/**
Create the vtkStructuredGrid from the provided workspace
@param progressUpdating: Reporting object to pass progress information up the stack.
@return fully constructed vtkDataSet.
*/
vtkDataSet* vtkMDHistoQuadFactory::create(ProgressAction& progressUpdating) const
{
vtkDataSet* product = tryDelegatingCreation<MDHistoWorkspace, 2>(m_workspace, progressUpdating);
if(product != NULL)
{
return product;
}
else
{
g_log.warning() << "Factory " << this->getFactoryTypeName() << " is being used.
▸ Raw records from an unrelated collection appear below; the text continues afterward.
-- ===== src/Correct/Parsing.antt =====
-- Proofs about the parser of expressions.
pub mod Safety
pub mod Fuel
pub mod Stable
pub mod Printer
pub mod Follow
pub mod Names
pub mod Atoms
pub mod Constructs
pub mod Elements
pub mod MapEntries
pub mod RoundTrip
pub mod Lexing
pub mod Text
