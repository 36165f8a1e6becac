-- ===== src/Correct/Parsing/Printer.antt =====
-- A printer for the trees that have a text, with no more parentheses than they need: the reference that
-- the parser is compared with.
unfoldable pub use risk_engine.Prelude.Text.{digits, decimal}
pub use risk_engine.Operators.{name_text}
use risk_engine.Prelude.{
  ℕ, suc, ◌^◌, ◌≤◌, ◌<◌, ◌≡◌, Bool, true, false, List, [], ◌∷◌, ◌++◌, Str, ltb, ◌==◌, All,
}
use risk_engine.Prelude.Int.{pos}
use risk_engine.Operators.{ValueType, BinaryOp, UnaryOp, FunctionName}
use risk_engine.Schema.{FactorRef}
use risk_engine.Value.{Value}
use risk_engine.Expr.{
  Expr, literal, factor_ref, conditional, function_call, list, map, unary, binary, Exprs, nil, cons,
  Entries, empty, entry,
}
use risk_engine.Parser.Chars.{is_identifier_part, is_identifier_start}
use risk_engine.Parser.Refs.{is_default_path}
use risk_engine.Parser.Tokens.{
  Operator, or_or, and_and, eq_eq, bang_eq, less, less_eq, greater, greater_eq, plus, minus, star,
  slash, bang, Token, identifier, number, string, null, lparen, rparen, lbracket, rbracket, lbrace,
  rbrace, comma, colon, question, operator, word_token,
}
use risk_engine.Parser.Grammar.{function_name}

unfoldable pub ref_text : Str → List Str → Str
ref_text code [] = code
ref_text code (segment ∷ rest) = code ++ b'.' ∷ ref_text segment rest

abbrev pub operator_of : BinaryOp → Operator
operator_of BinaryOp.or = or_or
operator_of BinaryOp.and = and_and
operator_of BinaryOp.eq = eq_eq
operator_of BinaryOp.ne = bang_eq
operator_of BinaryOp.lt = less
operator_of BinaryOp.le = less_eq
operator_of BinaryOp.gt = greater
operator_of BinaryOp.ge = greater_eq
operator_of BinaryOp.add = plus
operator_of BinaryOp.sub = minus
operator_of BinaryOp.mul = star
operator_of BinaryOp.div = slash
operator_of (BinaryOp.other s) = bang

abbrev pub binary_level : BinaryOp → ℕ
binary_level BinaryOp.or = 1
binary_level BinaryOp.and = 2
binary_level BinaryOp.eq = 3
binary_level BinaryOp.ne = 3
binary_level BinaryOp.lt = 4
binary_level BinaryOp.le = 4
binary_level BinaryOp.gt = 4
binary_level BinaryOp.ge = 4
binary_level BinaryOp.add = 5
binary_level BinaryOp.sub = 5
binary_level BinaryOp.mul = 6
binary_level BinaryOp.div = 6
binary_level (BinaryOp.other s) = 7

abbrev pub unary_operator : UnaryOp → Operator
unary_operator UnaryOp.not = bang
unary_operator UnaryOp.neg = minus
unary_operator (UnaryOp.other s) = bang

-- How strongly the outermost construct binds.
abbrev pub level : {D : Type 0} → Expr D → ℕ
level (binary op l r) = binary_level op
level (conditional c a b) = 0
level _ = 7

abbrev pub literal_token : {D : Type 0} → Value D → Token
literal_token (Value.int (pos n)) = number (decimal n)
literal_token (Value.int64 (pos n)) = number (decimal n)
literal_token (Value.bool b) = Token.bool b
literal_token (Value.str s) = string s
literal_token _ = null

abbrev pub wrap : Bool → List Token → List Token
wrap false ts = ts
wrap true ts = lparen ∷ (ts ++ rparen ∷ [])

unfoldable mutual
  unfolding ref_text

  -- The tokens of an expression where nothing around it binds more strongly.
  pub core : {D : Type 0} → Expr D → List Token
  core (literal v t) = literal_token v ∷ []
  core (factor_ref r) = identifier (ref_text r.factor_code r.path_segments) ∷ []
  core (unary op e) = operator (unary_operator op) ∷ wrap (ltb (level e) 7) (core e)
  core (binary op l r) =
      wrap (ltb (level l) (binary_level op)) (core l)
      ++ operator (operator_of op) ∷ wrap (ltb (level r) (suc (binary_level op))) (core r)
  core (conditional c a b) =
      wrap (ltb (level c) 1) (core c) ++ question ∷ (core a ++ colon ∷ core b)
  core (function_call name args) =
      identifier (name_text name) ∷ lparen ∷ (core_elements args ++ rparen ∷ [])
  core (list es) = lbracket ∷ (core_elements es ++ rbracket ∷ [])
  core (map es) = lbrace ∷ (core_entries es ++ rbrace ∷ [])

  pub core_elements : {D : Type 0} → Exprs D → List Token
  core_elements nil = []
  core_elements (cons e nil) = core e
  core_elements (cons e (cons e' es)) = core e ++ comma ∷ core_elements (cons e' es)

  pub core_entries : {D : Type 0} → Entries D → List Token
  core_entries empty = []
  core_entries (entry k e empty) = string k ∷ colon ∷ core e
  core_entries (entry k e (entry k' e' es)) =
      string k ∷ colon ∷ (core e ++ comma ∷ core_entries (entry k' e' es))

-- Behind an operator of strength `p`.
abbrev pub print : {D : Type 0} → ℕ → Expr D → List Token
print p e = wrap (ltb (level e) p) (core e)

-- Letters, digits and underscores of ASCII.
abbrev pub IsNameByte : ℕ → Type 0
IsNameByte c = (32 < c) × (c < 128) × (is_identifier_part c ≡ true) × ((c == b'.') ≡ false)

abbrev pub IsPart : Str → Type 0
IsPart [] = ⊥
IsPart (c ∷ cs) = All IsNameByte (c ∷ cs)

-- A name that starts with no digit, and is not one of the words with a meaning of their own.
abbrev pub IsWord : Str → Type 0
IsWord [] = ⊥
IsWord (c ∷ cs) = (is_identifier_start c ≡ true) × (word_token (c ∷ cs) ≡ identifier (c ∷ cs))

abbrev pub IsRef : FactorRef → Type 0
IsRef r =
    IsPart r.factor_code
    × All IsPart r.path_segments
    × IsWord (ref_text r.factor_code r.path_segments)
    × (r.is_default_value_ref ≡ is_default_path r.path_segments)

abbrev pub IsFunctionName : FunctionName → Type 0
IsFunctionName (FunctionName.other name) =
    IsPart name × IsWord name × (function_name name ≡ FunctionName.other name)
IsFunctionName _ = Unit

-- No double quote.
abbrev pub IsQuotable : Str → Type 0
IsQuotable s = All (λ c. (c == b'"') ≡ false) s

abbrev pub IsLiteral : {D : Type 0} → Value D → ValueType → Type 0
IsLiteral (Value.int (pos n)) ValueType.int = n ≤ 2147483647
IsLiteral (Value.int64 (pos n)) ValueType.long = (2147483647 < n) × (n < 2 ^ 63)
IsLiteral (Value.bool b) ValueType.bool = Unit
IsLiteral (Value.str s) ValueType.string = IsQuotable s
IsLiteral Value.null ValueType.null = Unit
IsLiteral _ _ = ⊥

abbrev pub IsBinary : BinaryOp → Type 0
IsBinary (BinaryOp.other s) = ⊥
IsBinary _ = Unit

abbrev pub IsUnary : UnaryOp → Type 0
IsUnary (UnaryOp.other s) = ⊥
IsUnary _ = Unit

-- The trees that have a text.
abbrev mutual
  pub IsPrintable : {D : Type 0} → Expr D → Type 0
  IsPrintable (literal v t) = IsLiteral v t
  IsPrintable (factor_ref r) = IsRef r
  IsPrintable (unary op e) = IsUnary op × IsPrintable e
  IsPrintable (binary op l r) = IsBinary op × IsPrintable l × IsPrintable r
  IsPrintable (conditional c a b) = IsPrintable c × IsPrintable a × IsPrintable b
  IsPrintable (function_call name args) = IsFunctionName name × ArePrintable args
  IsPrintable (list es) = ArePrintable es
  IsPrintable (map es) = EntriesArePrintable es

  pub ArePrintable : {D : Type 0} → Exprs D → Type 0
  ArePrintable nil = Unit
  ArePrintable (cons e es) = IsPrintable e × ArePrintable es

  pub EntriesArePrintable : {D : Type 0} → Entries D → Type 0
  EntriesArePrintable empty = Unit
  EntriesArePrintable (entry k e es) = IsQuotable k × IsPrintable e × EntriesArePrintable es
You are viewing data with less than three dimensions in the VSI. \n";
Mantid::Kernel::ReadLock lock(*m_workspace);
CPUTimer tim;
const int nBinsX = static_cast<int>( m_workspace->getXDimension()->getNBins() );
const int nBinsY = static_cast<int>( m_workspace->getYDimension()->getNBins() );
const coord_t maxX = m_workspace-> getXDimension()->getMaximum();
const coord_t minX = m_workspace-> getXDimension()->getMinimum();
const coord_t maxY = m_workspace-> getYDimension()->getMaximum();
const coord_t minY = m_workspace-> getYDimension()->getMinimum();
coord_t incrementX = (maxX - minX) / static_cast<coord_t>(nBinsX);
coord_t incrementY = (maxY - minY) / static_cast<coord_t>(nBinsY);
boost::scoped_ptr<MDHistoWorkspaceIterator> iterator(dynamic_cast<MDHistoWorkspaceIterator*>(createIteratorWithNormalization(m_normalizationOption, m_workspace.get())));
if (!iterator) {
throw std::runtime_error(
"Could not convert IMDIterator to a MDHistoWorkspaceIterator");
}
const int imageSize = (nBinsX ) * (nBinsY );
vtkPoints *points = vtkPoints::New();
points->Allocate(static_cast<int>(imageSize));
vtkFloatArray * signal = vtkFloatArray::New();
signal->Allocate(imageSize);
signal->SetName(vtkDataSetFactory::ScalarName.c_str());
signal->SetNumberOfComponents(1);
//The following represent actual calculated positions.
float signalScalar;
const int nPointsX = nBinsX+1;
const int nPointsY = nBinsY+1;
/* The idea of the next chunk of code is that you should only
create the points that will be needed; so an array of pointNeeded
is set so that all required vertices are marked, and created in a second step. */
// Array of the points that should be created, set to false
bool * pointNeeded = new bool[nPointsX*nPointsY];
memset(pointNeeded, 0, nPointsX*nPointsY*sizeof(bool));
// Array with true where the voxel should be shown
bool * voxelShown = new bool[nBinsX*nBinsY];
double progressFactor = 0.5/double(nBinsX);
double progressOffset = 0.5;
size_t index = 0;
for (int i = 0; i < nBinsX; i++)
{
progressUpdating.eventRaised(progressFactor*double(i));
for (int j = 0; j < nBinsY; j++)
{
index = j + nBinsY*i;
iterator->jumpTo(index);
signalScalar = static_cast<float>(iterator->getNormalizedSignal()); // Get signal normalized as per m_normalizationOption
if (isSpecial( signalScalar ) || !m_thresholdRange->inRange(signalScalar))
{
// out of range
voxelShown[index] = false;
}
else
{
// Valid data
voxelShown[index] = true;
signal->InsertNextValue(static_cast<float>(signalScalar));
// Make sure all 4 neighboring points are set to true
size_t pointIndex = i * nPointsY + j;
pointNeeded[pointIndex] = true;
pointIndex++;
pointNeeded[pointIndex] = true;
pointIndex += nPointsY-1;
pointNeeded[pointIndex] = true;
pointIndex++;
pointNeeded[pointIndex] = true;
}
}
}
std::cout << tim << " to check all the signal values." << std::endl;
// Get the transformation that takes the points in the TRANSFORMED space back into the ORIGINAL (not-rotated) space.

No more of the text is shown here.